Saved data entries
━━━━━━━━━━

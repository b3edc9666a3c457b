-- ===== src/Scoring/Bounds.antt =====
-- The points of the criteria of scoring.py and their sum: no limit is ever passed.
use mathlib.Core.Path.{subst}
use inno_scalping_crawling.Common.{
  ℕ, ◌≤◌, ◌≡◌, inl, inr, refl, Bool, true, false, if◌then◌else◌, Option, none, some, List, [], ◌∷◌,
  Text, codes, keep, map, leb, arith, ok, Result-cases, ok_inj,
}
use inno_scalping_crawling.Common.Int.{ℤ, pos, negsuc}
use inno_scalping_crawling.Publication.{Value, field}
use inno_scalping_crawling.Scoring.{Reading, criterion, clamp_score, points, text_of, field_text}
use inno_scalping_crawling.Scoring.Criteria.{
  by_quality, rated, unrated, round_hundreds, completeness, horizon_points, relevance_status_points,
  reliability_points, reproducibility_points, relevance_points,
}
use inno_scalping_crawling.Scoring.Novelty.{
  NoveltyScore, Novelty, unknown, new, variant, duplicate, scored, novelty_score, compare_with,
  by_similarity, compare_exact, given_or, comparisons, is_exact, best_of, strategy_id, sorted_set,
  present_texts, at_least, candidate_similarity, one_id, novelty_points, novelty_named,
  raw_related_ids,
}
use inno_scalping_crawling.Scoring.Recency.{timing_points, change_points, recency_points}

pub clamp_at_most : (n maximum : ℕ) → clamp_score n maximum ≤ maximum
unfolding clamp_score
clamp_at_most n maximum = ground arith

pub clamp_small : (n maximum : ℕ) → n ≤ maximum → clamp_score n maximum ≡ n
unfolding clamp_score
clamp_small n maximum h = ground arith

choice_at_most : (n : ℕ) (b : Bool) (x y : ℕ) → x ≤ n → y ≤ n → (if b then x else y) ≤ n
choice_at_most n true x y hx hy = hx
choice_at_most n false x y hx hy = hy

points_at_most : (n : ℕ) (b : Bool) → points n b ≤ n
unfolding points
points_at_most n b = ground arith

module _ (reading : Reading) (candidate document_version : Value) where
  quality_at_most :
      (one two q : ℕ) → one ≤ two → by_quality reading candidate document_version one two q ≤ two
  unfolding by_quality
  quality_at_most one two q h = ground arith

  unrated_at_most : unrated reading candidate document_version ≤ 10
  unfolding unrated
  unrated_at_most = ground arith

  rated_at_most : (confidence : Option ℤ) → rated reading candidate document_version confidence ≤ 10
  unfolding rated
  rated_at_most none = unrated_at_most
  rated_at_most (some (negsuc n)) = unrated_at_most
  rated_at_most (some (pos n)) =
      choice_at_most 10 (leb n 1000) (clamp_score (round_hundreds n) 10)
        (unrated reading candidate document_version) (clamp_at_most (round_hundreds n) 10)
        unrated_at_most

  completeness_at_most : completeness reading candidate document_version ≤ 4
  unfolding completeness
  completeness_at_most = ground arith

  horizon_at_most : horizon_points reading candidate document_version ≤ 6
  unfolding horizon_points
  horizon_at_most = ground arith

  status_at_most :
      (status : Text) → relevance_status_points reading candidate document_version status ≤ 2
  unfolding relevance_status_points
  status_at_most status = ground arith

  pub reliability_at_most : reliability_points reading candidate document_version ≤ 30
  unfolding reliability_points
  reliability_at_most = grind (arith, points_at_most, rated_at_most)

  pub reproducibility_at_most : reproducibility_points reading candidate document_version ≤ 25
  unfolding reproducibility_points
  reproducibility_at_most = grind (arith, points_at_most, quality_at_most, completeness_at_most)

  pub relevance_at_most : relevance_points reading candidate document_version ≤ 20
  unfolding relevance_points
  relevance_at_most =
      grind (arith, points_at_most, quality_at_most, horizon_at_most, status_at_most)

pub recency_at_most :
    (as_of : ℕ) (latest comparison : Option ℕ) → recency_points as_of latest comparison ≤ 15
unfolding recency_points timing_points change_points points
recency_at_most as_of none comparison = omega arith
recency_at_most as_of (some latest) none = ground arith
recency_at_most as_of (some latest) (some c) = ground arith

choice_score :
    (b : Bool) (x y : NoveltyScore)
    → x.criterion.score ≤ 10
    → y.criterion.score ≤ 10
    → (if b then x else y).criterion.score ≤ 10
choice_score true x y hx hy = hx
choice_score false x y hx hy = hy

scored_at_most :
    (n : ℕ) (status : Novelty) (ids : List Text) → (scored n status ids).criterion.score ≤ 10
unfolding criterion
scored_at_most n status ids = clamp_at_most n 10

module _ (reading : Reading) where
  by_similarity_at_most :
      (candidate best : Value) → (by_similarity reading candidate best).criterion.score ≤ 10
  unfolding by_similarity
  by_similarity_at_most candidate best =
      let similarity = candidate_similarity reading candidate best in
      let ids = one_id (text_of (strategy_id reading best)) in
      choice_score (at_least 65 similarity) (scored 3 variant ids)
        (if at_least 35 similarity then scored 6 variant ids else scored 10 new [])
        (scored_at_most 3 variant ids)
        (choice_score (at_least 35 similarity) (scored 6 variant ids) (scored 10 new [])
          (scored_at_most 6 variant ids) (scored_at_most 10 new []))

  compare_exact_at_most :
      (candidate : Value) (exact : List Value) (otherwise : NoveltyScore)
      → otherwise.criterion.score ≤ 10
      → (compare_exact reading candidate exact otherwise).criterion.score ≤ 10
  unfolding compare_exact
  compare_exact_at_most candidate [] otherwise h = h
  compare_exact_at_most candidate (e ∷ exact) otherwise h =
      scored_at_most 0 duplicate
        (sorted_set (present_texts (map (strategy_id reading) (e ∷ exact))))

  compare_with_at_most :
      (candidate : Value) (others : List Value) (ids : List Text)
      → (compare_with reading candidate others ids).criterion.score ≤ 10
  unfolding compare_with
  compare_with_at_most candidate [] [] = scored_at_most 5 unknown []
  compare_with_at_most candidate [] (i ∷ ids) = scored_at_most 4 unknown (i ∷ ids)
  compare_with_at_most candidate (other ∷ others) ids =
      compare_exact_at_most candidate (keep (is_exact reading candidate) (other ∷ others))
        (by_similarity reading candidate (best_of reading candidate other others))
        (by_similarity_at_most candidate (best_of reading candidate other others))

  given_or_at_most :
      (status : Option Novelty) (candidate existing : Value) (ids : List Text)
      → (given_or reading status candidate existing ids).criterion.score ≤ 10
  unfolding given_or
  given_or_at_most (some status) candidate existing ids =
      scored_at_most (novelty_points status) status ids
  given_or_at_most none candidate existing ids =
      compare_with_at_most candidate (comparisons reading candidate existing) ids

  pub novelty_at_most :
      (candidate existing : Value) (n : NoveltyScore)
      → novelty_score reading candidate existing ≡ ok n
      → n.criterion.score ≤ 10
  unfolding novelty_score
  novelty_at_most candidate existing n h =
      elim (Result-cases (raw_related_ids (field candidate (codes "related_strategy_ids")))) [
        | inr (e, bad) ↦ absurd (ground arith)
        | inl (raw, good) ↦
            let status =
              novelty_named (reading.casefold (field_text candidate (codes "novelty_status"))) in
            let ids = sorted_set (present_texts raw) in
            subst (λ (m : NoveltyScore). m.criterion.score ≤ 10)
              (ok_inj (given_or reading status candidate existing ids) n
                (novelty_score reading candidate existing) (rw good refl) h)
              (given_or_at_most status candidate existing ids)
      ]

━━━━━━━━━━

Out of the data above, set down the lines from the one with "reproducibility_at_most = grind" to the one with "recency_at_most as_of none", both included, exactly as written and with no additions.

Reply to the task -
  reproducibility_at_most = grind (arith, points_at_most, quality_at_most, completeness_at_most)

  pub relevance_at_most : relevance_points reading candidate document_version ≤ 20
  unfolding relevance_points
  relevance_at_most =
      grind (arith, points_at_most, quality_at_most, horizon_at_most, status_at_most)

pub recency_at_most :
    (as_of : ℕ) (latest comparison : Option ℕ) → recency_points as_of latest comparison ≤ 15
unfolding recency_points timing_points change_points points
recency_at_most as_of none comparison = omega arith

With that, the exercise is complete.